Z = kmeans.predict(np.c_[xx.ravel(), yy.ravel()])
## Поместите результат в цветовую диаграмму
Z = Z.reshape(xx.shape)
plt.figure(1)
plt.clf()
plt.imshow(
Z,
interpolation="nearest",
extent=(xx.min(), xx.max(), yy.min(), yy.max()),
cmap=plt.cm.Paired,
aspect="auto",
origin="lower",
)
plt.plot(reduced_data[:, 0], reduced_data[:, 1], "k.", markersize=2)
## Построить центроиды в виде белой X
centroids = kmeans.cluster_centers_
plt.scatter(
centroids[:, 0],
centroids[:, 1],
marker="x",
s=169,
linewidths=3,
color="w",
zorder=10,
)
plt.title(
"K-means clustering on the digits dataset (PCA-reduced data)\n"
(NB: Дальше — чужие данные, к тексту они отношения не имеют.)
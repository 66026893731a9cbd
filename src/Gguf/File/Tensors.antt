-- ===== src/Gguf/File/Tensors.antt =====
-- src/gguf.cpp: what holds of the tensor directory when the constructor has read it.
use adi.Base.{
  ℕ, zero, suc, ◌+◌, ◌-◌, ◌*◌, ◌/◌, ◌%◌, ◌^◌, ◌≤◌, ◌<◌, ◌≡◌, refl, ap, sym, ◌∙◌, true, not, ◌||◌,
  List, [], ◌∷◌, ◌++◌, some, ltb, ◌==◌, length, list_eq, take, drop, arith, Bool-cases,
  Option-cases, inl, inr, map, All, All-append, list_eq_refl, length-append,
}
use adi.Base.Result.{Ensures, holds, Ensures-of, Ensures-bind, Ensures-guard, Ensures-after}
use adi.Base.Text.{NotIn, Distinct, Distinct-snoc}
use adi.Utf8.{Bytes}
use adi.Gguf.Cursor.{read, read_string, at, u64_max}
use adi.Gguf.Types.{GgmlType, ggml_type_of, element_size, tensor_bytes}
use adi.Gguf.File.{
  GgufTensor, find_tensor, read_tensor, read_tensors, read_dimensions, place_tensors, is_none,
  max_dimensions,
}
use adi.Gguf.File.Directory.{InFile}
use native.Mathlib.Nat.{div-mul-le_self, mul_assoc}

abbrev pub product : List ℕ → ℕ
product [] = 1
product (n ∷ ns) = n * product ns

-- What the constructor guarantees of one tensor: up to four extents, none of them 0; the number of
-- elements is their product, and the bytes are that many elements, with no wrap-around.
pub record IsShaped (t : GgufTensor) : Type 0 where
  pub some_dimension : 0 < length t.dimensions
  pub few_dimensions : length t.dimensions ≤ max_dimensions
  pub extents : All (λ n. 0 < n) t.dimensions
  pub counted : t.elements ≡ product t.dimensions
  pub width : ℕ
  pub typed : element_size t.type ≡ some width
  pub sized : t.bytes ≡ t.elements * width
  pub fits : t.bytes ≤ u64_max

-- `a > max / b` fails: the product does not overflow.
pub no_overflow : (a b : ℕ) → a ≤ u64_max / b → a * b ≤ u64_max
no_overflow a b h = grind (arith, div-mul-le_self u64_max b)

product-snoc : (ns : List ℕ) (n : ℕ) → product (ns ++ n ∷ []) ≡ product ns * n
product-snoc [] n = omega arith
product-snoc (m ∷ ns) n =
    ap (λ (t : ℕ). m * t) (product-snoc ns n) ∙ sym (mul_assoc m (product ns) n)

abbrev DimensionsRead : List ℕ → ℕ → ℕ → Type 0
DimensionsRead dimensions elements count =
    (length dimensions ≡ count)
    × All (λ n. 0 < n) dimensions
    × (elements ≡ product dimensions)
    × (elements ≤ u64_max)

DimensionsRead-snoc :
    (dimensions : List ℕ) (elements count extent : ℕ)
    → DimensionsRead dimensions elements count
    → not (extent == 0 || ltb (u64_max / extent) elements) ≡ true
    → DimensionsRead (dimensions ++ extent ∷ []) (elements * extent % 2 ^ 64) (suc count)
DimensionsRead-snoc dimensions elements count extent (l, p, e, m) test = (
  omega (arith, l, length-append dimensions (extent ∷ [])),
  All-append (λ n. 0 < n) dimensions (extent ∷ []) p (ground arith, tt),
  wraps ∙ (ap (λ (t : ℕ). t * extent) e ∙ sym (product-snoc dimensions extent)),
  omega arith,
)
  where
    fits : elements * extent ≤ u64_max
    fits = no_overflow elements extent (ground arith)

    wraps : elements * extent % 2 ^ 64 ≡ elements * extent
    wraps = omega (arith, fits)

read_dimensions-Ensures :
    (file : Bytes) (count : ℕ) (dimensions : List ℕ) (elements position before : ℕ)
    → DimensionsRead dimensions elements before
    → Ensures
        (λ r. DimensionsRead r.0 r.1 (before + count))
        (read_dimensions file count dimensions elements position)
unfolding read_dimensions
read_dimensions-Ensures file zero dimensions elements position before (l, p, e, m) =
    holds (omega (arith, l), p, e, m)
read_dimensions-Ensures file (suc count) dimensions elements position before d =
    Ensures-after (read file 8 position) λ (extent, next).
      Ensures-guard (not (extent == 0 || ltb (u64_max / extent) elements)) _ λ test.
        let total : before + suc count ≡ suc before + count = omega arith in
        rw total (
          read_dimensions-Ensures file count _ _ next (suc before)
            (DimensionsRead-snoc dimensions elements before extent d test))

abbrev BytesOf : GgmlType → ℕ → ℕ → Type 0
BytesOf type elements bytes =
    (width : ℕ) × (element_size type ≡ some width) × (bytes ≡ elements * width) × (bytes ≤ u64_max)

tensor_bytes-Ensures :
    (type : GgmlType) (elements : ℕ)
    → Ensures (λ bytes. BytesOf type elements bytes) (tensor_bytes type elements)
tensor_bytes-Ensures type elements = Ensures-of _ λ bytes e.
    elim (Option-cases (element_size type)) [
      | inl q ↦ absurd (unfold tensor_bytes in ground arith)
      | inr (width, q) ↦
          let fits = no_overflow elements width (unfold tensor_bytes in ground arith) in
          let value : bytes ≡ elements * width % 2 ^ 64 = unfold tensor_bytes in ground arith in
          (width, q, omega (arith, fits, value), omega (arith, fits, value))
    ]

abbrev pub names : List GgufTensor → List Bytes
names tensors = map (λ (t : GgufTensor). t.name) tensors

find_tensor-NotIn :
    (name : Bytes) (tensors : List GgufTensor)
    → is_none (find_tensor name tensors) ≡ true
    → NotIn name (names tensors)
unfolding find_tensor
find_tensor-NotIn name [] h = tt
find_tensor-NotIn name (t ∷ tensors) h = elim (Bool-cases (list_eq t.name name)) [
  | inl same ↦ absurd (ground arith)
  | inr other ↦ (
    λ q. cc (list_eq_refl name, ap (λ k. list_eq k name) q),
    find_tensor-NotIn name tensors (ground arith),
  )
]

pub read_tensor-Ensures :
    (file : Bytes) (tensors : List GgufTensor) (position : ℕ)
    → Ensures
        (λ r. IsShaped r.0 × NotIn r.0.name (names tensors))
        (read_tensor file tensors position)
unfolding read_tensor
read_tensor-Ensures file tensors position = Ensures-after (read_string file position) λ (name, p₁).
    Ensures-guard (is_none (find_tensor name tensors)) _ λ fresh.
      Ensures-after (read file 4 p₁) λ (count, p₂).
        Ensures-guard (not (count == 0 || ltb max_dimensions count)) _ λ few.
          Ensures-bind (read_dimensions-Ensures file count [] 1 p₂ 0 (refl, tt, refl, omega arith))
            λ (dimensions, elements, p₃) (l, p, e, m). Ensures-after (read file 4 p₃) λ (raw, p₄).
              Ensures-after (read file 8 p₄) λ (offset, p₅).
                Ensures-bind (tensor_bytes-Ensures (ggml_type_of raw) elements)
                  λ bytes (width, q, z, f). holds (
                    record {
                      some_dimension = ground arith;
                      few_dimensions = ground arith;
                      extents = p;
                      counted = e;
                      width = width;
                      typed = q;
                      sized = z;
                      fits = f;
                    },
                    find_tensor-NotIn name tensors fresh,
                  )

-- What holds of the directory of tensors, before and after their offsets are made absolute.
pub record IsTensorList (tensors : List GgufTensor) : Type 0 where
  pub distinct : Distinct (names tensors)
  pub shaped : All IsShaped tensors

names-snoc :
    (tensors : List GgufTensor) (t : GgufTensor)
    → names (tensors ++ t ∷ []) ≡ names tensors ++ t.name ∷ []
names-snoc [] t = refl
names-snoc (x ∷ tensors) t = ap (λ l. x.name ∷ l) (names-snoc tensors t)

pub read_tensors-IsTensorList :
    (file : Bytes) (count : ℕ) (tensors : List GgufTensor) (position : ℕ)
    → IsTensorList tensors
    → Ensures (λ r. IsTensorList r.0) (read_tensors file count tensors position)
unfolding read_tensors
read_tensors-IsTensorList file zero tensors position h = holds h
read_tensors-IsTensorList file (suc count) tensors position h =
    Ensures-bind (read_tensor-Ensures file tensors position) λ (t, next) (shape, fresh).
      read_tensors-IsTensorList file count (tensors ++ t ∷ []) next (record {
        distinct =
            rw (names-snoc tensors t) (Distinct-snoc t.name (names tensors) h.distinct fresh);
        shaped = All-append IsShaped tensors (t ∷ []) h.shaped (shape, tt);
      })

-- The content of a tensor lies in the file.
abbrev pub Stored : Bytes → GgufTensor → Type 0
Stored file t = InFile file t.offset t.bytes

pub at-Ensures :
    (file : Bytes) (offset size : ℕ)
    → Ensures
        (λ b. InFile file offset size × (b ≡ take size (drop offset file)))
        (at file offset size)
unfolding at
at-Ensures file offset size = Ensures-of _ λ b e. (ground arith, ground arith)

-- What the last loop leaves alone, and what it makes true.
abbrev Placed : Bytes → List GgufTensor → List GgufTensor → Type 0
Placed file before after =
    (names after ≡ names before) × All IsShaped after × All (Stored file) after

pub place_tensors-Ensures :
    (file : Bytes) (data_offset : ℕ) (tensors : List GgufTensor)
    → All IsShaped tensors
    → Ensures (λ r. Placed file tensors r) (place_tensors file data_offset tensors)
unfolding place_tensors
place_tensors-Ensures file data_offset [] h = holds (refl, tt, tt)
place_tensors-Ensures file data_offset (t ∷ tensors) (s, h) =
    Ensures-guard (not (ltb (u64_max - data_offset) t.offset)) _ λ test.
      Ensures-bind (at-Ensures file ((t.offset + data_offset) % 2 ^ 64) t.bytes)
        λ content (inside, _).
          Ensures-bind (place_tensors-Ensures file data_offset tensors h)
            λ placed (n, shaped, stored).
              holds (ap (λ l. t.name ∷ l) n, (moved, shaped), (inside, stored))
  where
    moved : IsShaped (record t { offset = (t.offset + data_offset) % 2 ^ 64 })
    moved = record {
      some_dimension = s.some_dimension;
      few_dimensions = s.few_dimensions;
      extents = s.extents;
      counted = s.counted;
      width = s.width;
      typed = s.typed;
      sized = s.sized;
      fits = s.fits;
    }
"Centroids are marked with white cross"
)
plt.xlim(x_min, x_max)
plt.ylim(y_min, y_max)
plt.xticks(())
plt.yticks(())
plt.show()
Резюме
В этом практическом занятии мы изучили алгоритм кластеризации K-Means и применили его к набору данных с рукописными цифрами. Мы сравнили различные методы инициализации и оценили производительность кластеризации с использованием различных метрик. Мы также визуализировали результаты в двумерном пространстве с использованием PCA.